Last month, Russia engaged in a consistent campaign of bombarding the Ukrainian electrical grid, which its leaders argued were legitimate military targets, even as civilians were killed, injured, or put in danger.


“Broadly speaking, what I would say is missile strikes writ large, missile strikes and drone strikes have slowed down a bit since the end of October,” the official told reporters under the condition of anonymity. ”However, we do continue to see the Russians strike at civilian infrastructure, doing damage to, not surprisingly, again, but we’ve seen things like the electrical grid as Ukraine heads into the winter.“

Ukrainian President Volodymyr Zelensky warned a week ago that Russia could renew its frequent attacks against the electrical grid if Russia is able to acquire additional weapons from Iran.

“We also understand that the terrorist state is concentrating forces and means for a possible repetition of mass attacks on our infrastructure. First of all, energy. In particular, for this, Russia needs Iranian missiles,” he said, while the senior military official could not provide an update on the previously disclosed reports that indicated Iran could provide missiles to Russia, in addition to the drones they already have provided to the Russians, which have been used during last month’s bombardment.
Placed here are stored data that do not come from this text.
-- ===== src/View/Data.antt =====
-- `PlayerInfo` and `GameState` of poker/game_models.py, with `to_dict` and `from_dict`. An offered
-- action and a line of the history are kept as elsewhere: a format string with what is put in. An
-- entry of a dict whose type is not that of its field has no counterpart here, and `from_dict` is
-- `unmodelled` at it, where the source checks no types.
use adk_poker.Base.{ℕ, List, [], ◌∷◌, map, Option, none, some, Text, codes, text_lookup}
use adk_poker.Result.{Result, ok, raise, unmodelled, key_error, or_raise, traverse, ◌>>=◌}
use adk_poker.Game.State.{Entry}
use adk_poker.Game.Offer.{Offer}

pub record PlayerInfo : Type 0 where
  pub id : ℕ
  pub chips : ℕ
  pub bet : ℕ
  pub status : Text

pub record GameState : Type 0 where
  pub your_id : ℕ
  pub phase : Text
  pub your_cards : List Text
  pub community : List Text
  pub your_chips : ℕ
  pub your_bet_this_round : ℕ
  pub your_total_bet_this_hand : ℕ
  pub pot : ℕ
  pub to_call : ℕ
  pub dealer_button : ℕ
  pub current_turn : ℕ
  pub players : List PlayerInfo
  pub actions : List Offer
  pub history : List Entry

-- The entries of a player's dict, and those of a state's.
pub data Scalar : Type 0 where
  number : ℕ → Scalar
  text : Text → Scalar

abbrev pub InfoDict : Type 0
InfoDict = List (Text × Scalar)

pub data Value : Type 0 where
  number : ℕ → Value
  text : Text → Value
  texts : List Text → Value
  infos : List InfoDict → Value
  offers : List Offer → Value
  lines : List Entry → Value

abbrev pub StateDict : Type 0
StateDict = List (Text × Value)

abbrev pub info_dict : PlayerInfo → InfoDict
info_dict p =
    (codes "id", Scalar.number p.id)
    ∷ (codes "chips", Scalar.number p.chips)
    ∷ (codes "bet", Scalar.number p.bet)
    ∷ (codes "status", Scalar.text p.status)
    ∷ []

-- `GameState.to_dict`
unfoldable pub to_dict : GameState → StateDict
to_dict s =
    (codes "your_id", number s.your_id)
    ∷ (codes "phase", text s.phase)
    ∷ (codes "your_cards", texts s.your_cards)
    ∷ (codes "community", texts s.community)
    ∷ (codes "your_chips", number s.your_chips)
    ∷ (codes "your_bet_this_round", number s.your_bet_this_round)
    ∷ (codes "your_total_bet_this_hand", number s.your_total_bet_this_hand)
    ∷ (codes "pot", number s.pot)
    ∷ (codes "to_call", number s.to_call)
    ∷ (codes "dealer_button", number s.dealer_button)
    ∷ (codes "current_turn", number s.current_turn)
    ∷ (codes "players", infos (map info_dict s.players))
    ∷ (codes "actions", offers s.actions)
    ∷ (codes "history", lines s.history)
    ∷ []

-- `p[key]`. The source checks no types: an entry of another type than the class's annotations say is
-- kept there, and is `unmodelled` here.
abbrev number_in : Scalar → Result ℕ
number_in (Scalar.number n) = ok n
number_in (Scalar.text t) = raise unmodelled

abbrev text_in : Scalar → Result Text
text_in (Scalar.number n) = raise unmodelled
text_in (Scalar.text t) = ok t

unfoldable pub info_from : InfoDict → Result PlayerInfo
info_from p = do
  id ← or_raise (text_lookup (codes "id") p) key_error >>= number_in
  chips ← or_raise (text_lookup (codes "chips") p) key_error >>= number_in
  bet ← or_raise (text_lookup (codes "bet") p) key_error >>= number_in
  status ← or_raise (text_lookup (codes "status") p) key_error >>= text_in
  ok (record { id = id; chips = chips; bet = bet; status = status })

-- `data.get(key, default)`
abbrev get_number : Option Value → Result ℕ
get_number none = ok 0
get_number (some (number n)) = ok n
get_number (some _) = raise unmodelled

abbrev get_text : Option Value → Result Text
get_text none = ok []
get_text (some (text t)) = ok t
get_text (some _) = raise unmodelled

abbrev get_texts : Option Value → Result (List Text)
get_texts none = ok []
get_texts (some (texts t)) = ok t
get_texts (some _) = raise unmodelled

abbrev get_infos : Option Value → Result (List InfoDict)
get_infos none = ok []
get_infos (some (infos ds)) = ok ds
get_infos (some _) = raise unmodelled

abbrev get_offers : Option Value → Result (List Offer)
get_offers none = ok []
get_offers (some (offers os)) = ok os
get_offers (some _) = raise unmodelled

abbrev get_lines : Option Value → Result (List Entry)
get_lines none = ok []
get_lines (some (lines ls)) = ok ls
get_lines (some _) = raise unmodelled

-- `GameState.from_dict`
unfoldable pub from_dict : StateDict → Result GameState
unfolding info_from
from_dict entries = do
  dicts ← get_infos (text_lookup (codes "players") entries)
  players ← traverse info_from dicts
  your_id ← get_number (text_lookup (codes "your_id") entries)
  phase ← get_text (text_lookup (codes "phase") entries)
  your_cards ← get_texts (text_lookup (codes "your_cards") entries)
  community ← get_texts (text_lookup (codes "community") entries)
  your_chips ← get_number (text_lookup (codes "your_chips") entries)
  bet ← get_number (text_lookup (codes "your_bet_this_round") entries)
  total_bet ← get_number (text_lookup (codes "your_total_bet_this_hand") entries)
  pot ← get_number (text_lookup (codes "pot") entries)
  to_call ← get_number (text_lookup (codes "to_call") entries)
  dealer_button ← get_number (text_lookup (codes "dealer_button") entries)
  current_turn ← get_number (text_lookup (codes "current_turn") entries)
  actions ← get_offers (text_lookup (codes "actions") entries)
  history ← get_lines (text_lookup (codes "history") entries)
  ok (record {
    your_id = your_id;
    phase = phase;
    your_cards = your_cards;
    community = community;
    your_chips = your_chips;
    your_bet_this_round = bet;
    your_total_bet_this_hand = total_bet;
    pot = pot;
    to_call = to_call;
    dealer_button = dealer_button;
    current_turn = current_turn;
    players = players;
    actions = actions;
    history = history;
  })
The official said the Pentagon “remains concerned” about such a possibility becoming a reality.


The official did not attempt to explain why Russia’s air attacks had decreased this month, though they mentioned that Russia’s “munitions stockpiles are challenged, particularly when it comes to precision-guided munitions.” The United States has “no reason to think that Russia is going to let up on its attacks any time soon.”